Here, the RewriteCond %{REQUEST_URI} lines are not needed, since REQUEST_URI can be checked by RewriteRule itself. So, we just make the test for "tienda/" explicit in the rule:

RewriteCond %{HTTP:Accept-Encoding} gzip
RewriteRule ^(tienda/.*)$ jgz/$1
RewriteCond %{HTTP:Accept-Encoding}!gzip
RewriteRule ^(tienda/.*)$ html/$1

Not that in .htaccess, the leading slash is stripped from the requested URI "seen" by RewriteRule. That is why it has been removed from the pattern you used in the RewriteConds.

The function does not change, it is just more efficient.

But now we have two mutually-exclusive rules, since Accept-Encoding will either contain "gzip" or it won't. So there is no need to check it twice. So, we make an "If-then-else" construct to avoid that:


# IF gzip supported
RewriteCond %{HTTP:Accept-Encoding} gzip
# THEN rewrite /tienda/ requests to jgz/ and skip next rule
RewriteRule ^(tienda/.*)$ jgz/$1 [b][S=1][/b]
# ELSE rewrite /tienda/ requests to html/
RewriteRule ^(tienda/.*)$ html/$1

Again, no change in function, just more efficient, since HTTP:Accept-Encoding is only checked once.

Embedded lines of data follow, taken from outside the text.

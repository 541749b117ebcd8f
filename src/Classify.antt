-- ===== src/Classify.antt =====
-- Classifying a ticket off the request that created it: apps/api/src/jobs/classify-ticket.ts.
-- `meanwhile` is what others do to the desk during the model call. Its verdict is a function of the
-- prompt that the handler hands over.
pub mod Delivery
pub mod Sweep
use ticket_manager_system.Common.{
  ℕ, ◌+◌, ◌*◌, String, Bool, true, false, not, ◌&&◌, Option, none, some, List, [], ◌∷◌, ltb, leb,
  is_some, is_none, if◌then◌else◌, filter, take,
}
use ticket_manager_system.Shared.{
  TicketCategory, Failure, ActivityAction, EventField, category_text, is_retryable,
}
use ticket_manager_system.Desk.{Ticket, Desk, Config, classify_ticket}
use ticket_manager_system.Desk.Age.{by_created}
use ticket_manager_system.Desk.Write.{
  ticket_of, update_ticket, count_ticket, publish_pipeline_changed, publish_ticket_updated,
  send_job, write_activity, thread_of,
}
use ticket_manager_system.Activity.{assistant_actor}
use ticket_manager_system.AutoReply.{enqueue_auto_reply}
use ticket_manager_system.AutoReply.Worker.{Exit, done, retry, opening_text}

pub data Verdict : Type 0 where
  filed : TicketCategory → Verdict
  failed : Failure → Verdict

abbrev pub reconcile_max_age_ms : ℕ
reconcile_max_age_ms = 24 * 60 * 60 * 1000

abbrev pub reconcile_min_age_ms : ℕ
reconcile_min_age_ms = 10 * 60 * 1000

abbrev pub reconcile_batch : ℕ
reconcile_batch = 50

-- `classifierWillStillAct`, asked of one ticket.
abbrev pub classifier_will_still_act : ℕ → Ticket → Bool
classifier_will_still_act now t =
    is_none t.classified_at && (is_none t.category && leb now (t.created_at + reconcile_max_age_ms))

-- `enqueueClassification`: nothing without a key.
unfoldable pub enqueue_classification : Config → ℕ → Desk → Desk
enqueue_classification cfg i d = if not cfg.ai_configured then d else send_job (classify_ticket i) d

abbrev pub filed_row : ℕ → TicketCategory → Ticket → Ticket
filed_row now c t = record t {
  category = some c;
  classifier_category = some c;
  classified_at = some now;
}

-- What the job does once its answer is written: the entry, the events, the next stage.
unfoldable pub announce : Config → ℕ → ℕ → TicketCategory → Desk → Desk
announce cfg now i c d = enqueue_auto_reply cfg now i (
    publish_ticket_updated now i (EventField.category ∷ []) (
      publish_pipeline_changed now i (
        write_activity now i
          (record {
            action = ActivityAction.category_changed;
            from_value = none;
            to_value = some (category_text c);
          })
          (assistant_actor d) d)))

-- The stamp of a ticket that is given up. `update` throws where the row is gone.
unfoldable pub give_up : ℕ → ℕ → Desk → Desk × Exit
give_up now i d =
    if is_some (ticket_of i d)
    then (
      publish_pipeline_changed now i
          (update_ticket now i (λ _. true) (λ t. record t { classified_at = some now }) d),
      done,
    )
    else (d, retry)

-- What is done with the verdict.
unfoldable pub settle : Config → ℕ → ℕ → Verdict → Desk → Desk × Exit
unfolding announce give_up
settle cfg now i (failed reason) d = if is_retryable reason then (d, retry) else give_up now i d
settle cfg now i (filed c) d =
    if not (count_ticket i (λ t. is_none t.category) d) then (d, done) else (
      announce cfg now i c (update_ticket now i (λ t. is_none t.category) (filed_row now c) d),
      done,
    )

-- `handle`
unfoldable pub handle :
    Config → (String → Option String → Verdict) → (Desk → Desk) → ℕ → ℕ → Desk → Desk × Exit
unfolding settle
handle cfg classify meanwhile now i d = elim (ticket_of i d) [
  | none ↦ (d, done)
  | some t ↦
      if is_some t.classified_at
      then (d, done)
      else if is_some t.category
      then (d, done)
      else settle cfg now i (classify t.subject (opening_text (thread_of i d))) (meanwhile d)
]

-- `onExhausted`
unfoldable pub on_exhausted : ℕ → ℕ → Desk → Desk
on_exhausted now i d = publish_pipeline_changed now i (
    update_ticket now i (λ t. is_none t.classified_at) (λ t. record t { classified_at = some now })
      d)

-- The sweep's rule: the classifier still waits for it, and it is out of the usual path's hands.
abbrev pub is_stale : ℕ → Ticket → Bool
is_stale now t = classifier_will_still_act now t && ltb (t.created_at + reconcile_min_age_ms) now

unfoldable pub stale : ℕ → Desk → List Ticket
stale now d = take reconcile_batch (by_created (filter (is_stale now) d.tickets))

unfoldable pub enqueue_each : Config → List Ticket → Desk → Desk
unfolding enqueue_classification
enqueue_each cfg [] d = d
enqueue_each cfg (t ∷ ts) d = enqueue_each cfg ts (enqueue_classification cfg t.id d)

-- `reconcile`
unfoldable pub reconcile : Config → ℕ → Desk → Desk
unfolding stale enqueue_each
reconcile cfg now d = enqueue_each cfg (stale now d) d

Finally, making everything relative to root:


# If gzip supported
RewriteCond %{HTTP:Accept-Encoding} gzip
# rewrite /tienda/ requests to /jgz/ and skip next rule
RewriteRule ^(tienda/.*)$ /jgz/$1 [S=1]
# Else rewrite /tienda/ requests to /html/
RewriteRule ^(tienda/.*)$ /html/$1

The same was done for all rules that had RewriteCond %{REQUEST_URI} and a ".*" pattern in the RewriteRule.

Be aware that RewriteRules are processed first. If the pattern does not match, then the RewriteConds for that RewriteRule are not processed. Therefore, the pattern in the rule should always be as specific as possible. See the RuleSet Processing [httpd.apache.org] section of the mod_rewrite documentation for more details. Using this technique, especially when RewriteConds involve system calls such as "file exists" or reverse-DNS lookups such as "RewriteCond %{REMOTE_HOST}", can make a big difference in the performance of your server.

Jim

cYbErDaRk

5:42 pm on May 3, 2007 (gmt 0)

10+ Year Member



Thanks again, I think I'm now learning how mod_rewrite works :)

About the whole thing itself, the idea if having just one file-check rule, that covers all the possible static contents of the website. Later, if file is not present, pass the control to PHP.